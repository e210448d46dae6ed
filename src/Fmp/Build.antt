-- ===== src/Fmp/Build.antt =====
-- The builders of crates/fips-fmp/src/lib.rs. Each gives the length it wrote and the buffer `out` as
-- it leaves it, or `err absent` where `out` is too small. A length is stored as a `u16`.
use microfips.Base.{ℕ, ◌+◌, ◌*◌, ◌%◌, ◌^◌, List, length, ltb, if◌then◌else◌, replicate}
use microfips.Bytes.{le_bytes}
use microfips.Exec.{Exec, ok, err, Absent, absent, copy_into, store, ◌>>=◌}
use microfips.Fmp.{Wire, fmp_version, build_prefix, ver_phase_byte, common_prefix_size, idx_size}
use microfips.Fmp.{established_header_size, phase_msg1, phase_msg2, phase_msg3, phase_established}

-- `n as u16`
abbrev pub as_u16 : ℕ → ℕ
as_u16 n = n % 2 ^ 16

unfoldable pub build_msg1 : Wire → ℕ → List ℕ → List ℕ → Exec Absent (ℕ × List ℕ)
build_msg1 wire sender_idx noise_payload out =
    let needed = common_prefix_size + idx_size + length noise_payload in
    if ltb (length out) needed then err absent else (do
      let payload_len = as_u16 (idx_size + length noise_payload)
      with_prefix ← copy_into out 0 common_prefix_size (build_prefix wire phase_msg1 0 payload_len)
      with_sender ←
          copy_into with_prefix common_prefix_size (common_prefix_size + idx_size)
            (le_bytes 4 sender_idx)
      whole ← copy_into with_sender (common_prefix_size + idx_size) needed noise_payload
      ok (needed, whole))

-- The body that `build_msg2` and `build_msg3` share but for the phase.
unfoldable pub build_indexed : ℕ → Wire → ℕ → ℕ → List ℕ → List ℕ → Exec Absent (ℕ × List ℕ)
build_indexed phase wire sender_idx receiver_idx noise_payload out =
    let needed = common_prefix_size + idx_size * 2 + length noise_payload in
    if ltb (length out) needed then err absent else (do
      let payload_len = as_u16 (idx_size * 2 + length noise_payload)
      with_prefix ← copy_into out 0 common_prefix_size (build_prefix wire phase 0 payload_len)
      with_sender ←
          copy_into with_prefix common_prefix_size (common_prefix_size + idx_size)
            (le_bytes 4 sender_idx)
      with_receiver ←
          copy_into with_sender (common_prefix_size + idx_size) (common_prefix_size + idx_size * 2)
            (le_bytes 4 receiver_idx)
      whole ← copy_into with_receiver (common_prefix_size + idx_size * 2) needed noise_payload
      ok (needed, whole))

unfoldable pub build_msg2 : Wire → ℕ → ℕ → List ℕ → List ℕ → Exec Absent (ℕ × List ℕ)
unfolding build_indexed
build_msg2 = build_indexed phase_msg2

unfoldable pub build_msg3 : Wire → ℕ → ℕ → List ℕ → List ℕ → Exec Absent (ℕ × List ℕ)
unfolding build_indexed
build_msg3 = build_indexed phase_msg3

-- The 16 bytes of the outer header, which are the associated data of the cipher too.
unfoldable pub build_established_header {ℓ} : {E : Type ℓ} → Wire → ℕ → ℕ → ℕ → ℕ → Exec E (List ℕ)
build_established_header wire receiver_idx counter flags payload_len = do
  with_phase ←
      store (replicate established_header_size 0) 0
        (ver_phase_byte (fmp_version wire) phase_established)
  with_flags ← store with_phase 1 flags
  with_len ← copy_into with_flags 2 4 (le_bytes 2 payload_len)
  with_receiver ← copy_into with_len 4 8 (le_bytes 4 receiver_idx)
  copy_into with_receiver 8 16 (le_bytes 8 counter)

unfoldable pub prepend_inner_header : ℕ → List ℕ → List ℕ → Exec Absent (ℕ × List ℕ)
prepend_inner_header timestamp_ms payload out =
    let needed = 4 + length payload in
    if ltb (length out) needed then err absent else (do
      with_time ← copy_into out 0 4 (le_bytes 4 timestamp_ms)
      whole ← copy_into with_time 4 needed payload
      ok (needed, whole))

unfoldable pub build_encrypted : List ℕ → List ℕ → List ℕ → Exec Absent (ℕ × List ℕ)
build_encrypted header ciphertext out =
    let total = established_header_size + length ciphertext in
    if ltb (length out) total then err absent else (do
      with_header ← copy_into out 0 established_header_size header
      whole ← copy_into with_header established_header_size total ciphertext
      ok (total, whole))
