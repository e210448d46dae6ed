-- ===== src/Fmp/Prefix.antt =====
-- The common prefix: what is built is parsed, and how it meets the rest of a frame.
use microfips.Base.{ℕ, ◌+◌, ◌*◌, ◌/◌, ◌%◌, ◌^◌, ◌<◌, bit_and, List, [], ◌∷◌, ◌++◌}
use microfips.Base.{◌≡◌, arith, ◌!=◌, if◌then◌else◌}
use microfips.Bits.{bit_or-fields, bit_and_mask}
use microfips.Bytes.{from_le}
use microfips.Exec.{ok, err, absent, index}
use microfips.Fmp.{Wire, ik, xx, fmp_version, ver_phase_byte, build_prefix, parse_prefix}

-- On a frame of four bytes or more, only the version can be wrong.
pub parse_prefix-cons :
    (wire : Wire) (b0 b1 b2 b3 : ℕ) (rest : List ℕ)
    → parse_prefix wire (b0 ∷ b1 ∷ b2 ∷ b3 ∷ rest) ≡ (
        if b0 / 16 != fmp_version wire
        then err absent
        else ok (bit_and b0 0x0f, b1, from_le (b2 ∷ b3 ∷ [])))
unfolding parse_prefix index
parse_prefix-cons wire b0 b1 b2 b3 rest = ground arith

pub ver_phase_byte_sum :
    (version phase : ℕ)
    → version < 16
    → phase < 16
    → ver_phase_byte version phase ≡ version * 16 + phase
unfolding ver_phase_byte
ver_phase_byte_sum version phase hv hp =
    let low : bit_and phase 0x0f ≡ phase = omega (arith, bit_and_mask 4 phase) in
    let high : version * 16 % 256 ≡ version * 2 ^ 4 = omega arith in
    rw (low, high) (bit_or-fields 4 version phase hp)

fmp_version-lt : (wire : Wire) → fmp_version wire < 16
fmp_version-lt ik = omega arith
fmp_version-lt xx = omega arith

-- A prefix that was built is parsed, whatever follows it.
pub parse_prefix-build_prefix :
    (wire : Wire) (phase flags payload_len : ℕ) (rest : List ℕ)
    → phase < 16
    → payload_len < 2 ^ 16
    → parse_prefix wire (build_prefix wire phase flags payload_len ++ rest)
      ≡ ok (phase, flags, payload_len)
unfolding build_prefix
parse_prefix-build_prefix wire phase flags payload_len rest hp hl =
    let whole = ver_phase_byte_sum (fmp_version wire) phase (fmp_version-lt wire) hp in
    let version : (fmp_version wire * 16 + phase) / 16 ≡ fmp_version wire = omega arith in
    let low : bit_and (fmp_version wire * 16 + phase) 0x0f ≡ phase =
      omega (arith, bit_and_mask 4 (fmp_version wire * 16 + phase)) in
    let len : from_le (payload_len % 256 ∷ payload_len / 256 % 256 ∷ []) ≡ payload_len =
      omega arith in
    rw
      (
        parse_prefix-cons wire (ver_phase_byte (fmp_version wire) phase) flags (payload_len % 256)
            (payload_len / 256 % 256) rest,
        whole,
        version,
        low,
        len,
      )
      (ground arith)
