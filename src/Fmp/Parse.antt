-- ===== src/Fmp/Parse.antt =====
-- `parse_message` and `strip_inner_header` of crates/fips-fmp/src/lib.rs.
use microfips.Base.{ℕ, ◌+◌, ◌*◌, List, length, ltb, ◌==◌, if◌then◌else◌}
use microfips.Exec.{Exec, ok, err, Absent, absent, slice_from, read_le, index, ◌>>=◌}
use microfips.Bytes.{from_le}
use microfips.Base.{[], ◌∷◌}
use microfips.Fmp.{Wire, FmpMessage, msg1, msg2, msg3, established, parse_prefix, idx_size}
use microfips.Fmp.{common_prefix_size, inner_header_size, phase_msg1, phase_msg2, phase_msg3}
use microfips.Fmp.{phase_established}

-- The arms of the match on the phase, over the bytes behind the prefix.
unfoldable pub parse_msg1 : List ℕ → Exec Absent FmpMessage
parse_msg1 payload = if ltb (length payload) idx_size then err absent else (do
  sender_idx ← read_le payload 0 idx_size
  noise_payload ← slice_from payload idx_size
  ok (msg1 sender_idx noise_payload))

-- The arms of `PHASE_MSG2` and `PHASE_MSG3` differ in the constructor only.
unfoldable pub parse_indexed : (ℕ → ℕ → List ℕ → FmpMessage) → List ℕ → Exec Absent FmpMessage
parse_indexed message payload = if ltb (length payload) (idx_size * 2) then err absent else (do
  sender_idx ← read_le payload 0 idx_size
  receiver_idx ← read_le payload idx_size (idx_size * 2)
  noise_payload ← slice_from payload (idx_size * 2)
  ok (message sender_idx receiver_idx noise_payload))

unfoldable pub parse_established : List ℕ → Exec Absent FmpMessage
parse_established payload = if ltb (length payload) (idx_size + 8) then err absent else (do
  receiver_idx ← read_le payload 0 idx_size
  counter ← read_le payload idx_size (idx_size + 8)
  encrypted ← slice_from payload (idx_size + 8)
  ok (established receiver_idx counter encrypted))

unfoldable pub parse_phase : ℕ → List ℕ → Exec Absent FmpMessage
parse_phase phase payload =
    if phase == phase_msg1
    then parse_msg1 payload
    else if phase == phase_msg2
    then parse_indexed msg2 payload
    else if phase == phase_msg3
    then parse_indexed msg3 payload
    else if phase == phase_established
    then parse_established payload
    else err absent

unfoldable pub parse_message : Wire → List ℕ → Exec Absent FmpMessage
parse_message wire buf = do
  (phase, flags, payload_len) ← parse_prefix wire buf
  payload ← slice_from buf common_prefix_size
  parse_phase phase payload

unfoldable pub strip_inner_header : List ℕ → Exec Absent (ℕ × List ℕ)
strip_inner_header plaintext = if ltb (length plaintext) inner_header_size then err absent else (do
  b0 ← index plaintext 0
  b1 ← index plaintext 1
  b2 ← index plaintext 2
  b3 ← index plaintext 3
  rest ← slice_from plaintext 4
  ok (from_le (b0 ∷ b1 ∷ b2 ∷ b3 ∷ []), rest))
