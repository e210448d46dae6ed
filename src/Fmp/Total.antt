-- ===== src/Fmp/Total.antt =====
-- The parsers look at no byte that is not there.
use microfips.Base.{ℕ, List, arith, length, ltb, ltb→le, Bool-cases}
use microfips.Base.{get_or, inl, inr, ◌==◌, ◌!=◌, ◌/◌, bit_and, [], ◌∷◌}
use microfips.Exec.{IsNotPanic}
use microfips.Exec.Laws.{index_lem, slice_from_lem, read_le_lem}
use microfips.Fmp.{Wire, fmp_version, parse_prefix, FmpMessage, msg2, msg3, phase_msg1}
use microfips.Fmp.{phase_msg2, phase_msg3, phase_established}
use microfips.Fmp.Prefix.{parse_prefix-cons}
use microfips.Fmp.Parse.{parse_message, parse_phase, parse_msg1, parse_indexed, parse_established}
use microfips.Fmp.Parse.{strip_inner_header}
use microfips.Exec.Post.{if-IsNotPanic}

parse_msg1-IsNotPanic : (payload : List ℕ) → IsNotPanic (parse_msg1 payload)
unfolding parse_msg1
parse_msg1-IsNotPanic payload = elim (Bool-cases (ltb (length payload) 4)) [
  | inl short ↦ rw short tt
  | inr long ↦
      let fits = ltb→le (length payload) 4 long in
      rw (long, read_le_lem payload 0 4 (omega arith) fits, slice_from_lem payload 4 fits) tt
]

parse_indexed-IsNotPanic :
    (message : ℕ → ℕ → List ℕ → FmpMessage) (payload : List ℕ)
    → IsNotPanic (parse_indexed message payload)
unfolding parse_indexed
parse_indexed-IsNotPanic message payload = elim (Bool-cases (ltb (length payload) 8)) [
  | inl short ↦ rw short tt
  | inr long ↦
      let fits = ltb→le (length payload) 8 long in
      rw
        (
          long,
          read_le_lem payload 0 4 (omega arith) (omega arith),
          read_le_lem payload 4 8 (omega arith) fits,
          slice_from_lem payload 8 fits,
        )
        tt
]

parse_established-IsNotPanic : (payload : List ℕ) → IsNotPanic (parse_established payload)
unfolding parse_established
parse_established-IsNotPanic payload = elim (Bool-cases (ltb (length payload) 12)) [
  | inl short ↦ rw short tt
  | inr long ↦
      let fits = ltb→le (length payload) 12 long in
      rw
        (
          long,
          read_le_lem payload 0 4 (omega arith) (omega arith),
          read_le_lem payload 4 12 (omega arith) fits,
          slice_from_lem payload 12 fits,
        )
        tt
]

parse_phase-IsNotPanic : (phase : ℕ) (payload : List ℕ) → IsNotPanic (parse_phase phase payload)
unfolding parse_phase
parse_phase-IsNotPanic phase payload =
    if-IsNotPanic (phase == phase_msg1) _ _ (parse_msg1-IsNotPanic payload) (
      if-IsNotPanic (phase == phase_msg2) _ _ (parse_indexed-IsNotPanic msg2 payload) (
        if-IsNotPanic (phase == phase_msg3) _ _ (parse_indexed-IsNotPanic msg3 payload) (
          if-IsNotPanic (phase == phase_established) _ _ (parse_established-IsNotPanic payload)
            tt)))

pub parse_prefix-IsNotPanic : (wire : Wire) (buf : List ℕ) → IsNotPanic (parse_prefix wire buf)
unfolding parse_prefix
parse_prefix-IsNotPanic wire buf = elim (Bool-cases (ltb (length buf) 4)) [
  | inl short ↦ rw short tt
  | inr long ↦
      let fits = ltb→le (length buf) 4 long in
      rw
        (
          long,
          index_lem buf 0 (omega arith),
          index_lem buf 1 (omega arith),
          index_lem buf 2 (omega arith),
          index_lem buf 3 (omega arith),
        )
        (if-IsNotPanic (get_or buf 0 0 / 16 != fmp_version wire) _ _ tt tt)
]

-- No frame, of any length and content, makes `parse_message` read out of range.
pub parse_message-IsNotPanic : (wire : Wire) (buf : List ℕ) → IsNotPanic (parse_message wire buf)
unfolding parse_message
parse_message-IsNotPanic wire [] = unfold parse_prefix in tt
parse_message-IsNotPanic wire (b0 ∷ []) = unfold parse_prefix in tt
parse_message-IsNotPanic wire (b0 ∷ b1 ∷ []) = unfold parse_prefix in tt
parse_message-IsNotPanic wire (b0 ∷ b1 ∷ b2 ∷ []) = unfold parse_prefix in tt
parse_message-IsNotPanic wire (b0 ∷ b1 ∷ b2 ∷ b3 ∷ rest) =
    rw (parse_prefix-cons wire b0 b1 b2 b3 rest) (elim (Bool-cases (b0 / 16 != fmp_version wire)) [
      | inl other ↦ rw other tt
      | inr same ↦
          rw (same, slice_from_lem (b0 ∷ b1 ∷ b2 ∷ b3 ∷ rest) 4 (omega arith))
            (parse_phase-IsNotPanic (bit_and b0 0x0f) rest)
    ])

pub strip_inner_header-IsNotPanic : (buf : List ℕ) → IsNotPanic (strip_inner_header buf)
unfolding strip_inner_header
strip_inner_header-IsNotPanic buf = elim (Bool-cases (ltb (length buf) 5)) [
  | inl short ↦ rw short tt
  | inr long ↦
      let fits = ltb→le (length buf) 5 long in
      rw
        (
          long,
          index_lem buf 0 (omega arith),
          index_lem buf 1 (omega arith),
          index_lem buf 2 (omega arith),
          index_lem buf 3 (omega arith),
          slice_from_lem buf 4 (omega arith),
        )
        tt
]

» INSTRUCTIONS FOR THE TASK: All that is wanted is an exact copy of the lines above from the one with "payload_len ++ rest)" through the one with "parse_msg1 payload = if", with both ends included.

» COMPLETED TASK:
    → parse_prefix wire (build_prefix wire phase flags payload_len ++ rest)
      ≡ ok (phase, flags, payload_len)
unfolding build_prefix
parse_prefix-build_prefix wire phase flags payload_len rest hp hl =
    let whole = ver_phase_byte_sum (fmp_version wire) phase (fmp_version-lt wire) hp in
    let version : (fmp_version wire * 16 + phase) / 16 ≡ fmp_version wire = omega arith in
    let low : bit_and (fmp_version wire * 16 + phase) 0x0f ≡ phase =
      omega (arith, bit_and_mask 4 (fmp_version wire * 16 + phase)) in
    let len : from_le (payload_len % 256 ∷ payload_len / 256 % 256 ∷ []) ≡ payload_len =
      omega arith in
    rw
      (
        parse_prefix-cons wire (ver_phase_byte (fmp_version wire) phase) flags (payload_len % 256)
            (payload_len / 256 % 256) rest,
        whole,
        version,
        low,
        len,
      )
      (ground arith)
filename src/Fmp/Parse.antt
-- ===== src/Fmp/Parse.antt =====
-- `parse_message` and `strip_inner_header` of crates/fips-fmp/src/lib.rs.
use microfips.Base.{ℕ, ◌+◌, ◌*◌, List, length, ltb, ◌==◌, if◌then◌else◌}
use microfips.Exec.{Exec, ok, err, Absent, absent, slice_from, read_le, index, ◌>>=◌}
use microfips.Bytes.{from_le}
use microfips.Base.{[], ◌∷◌}
use microfips.Fmp.{Wire, FmpMessage, msg1, msg2, msg3, established, parse_prefix, idx_size}
use microfips.Fmp.{common_prefix_size, inner_header_size, phase_msg1, phase_msg2, phase_msg3}
use microfips.Fmp.{phase_established}

-- The arms of the match on the phase, over the bytes behind the prefix.
unfoldable pub parse_msg1 : List ℕ → Exec Absent FmpMessage
parse_msg1 payload = if ltb (length payload) idx_size then err absent else (do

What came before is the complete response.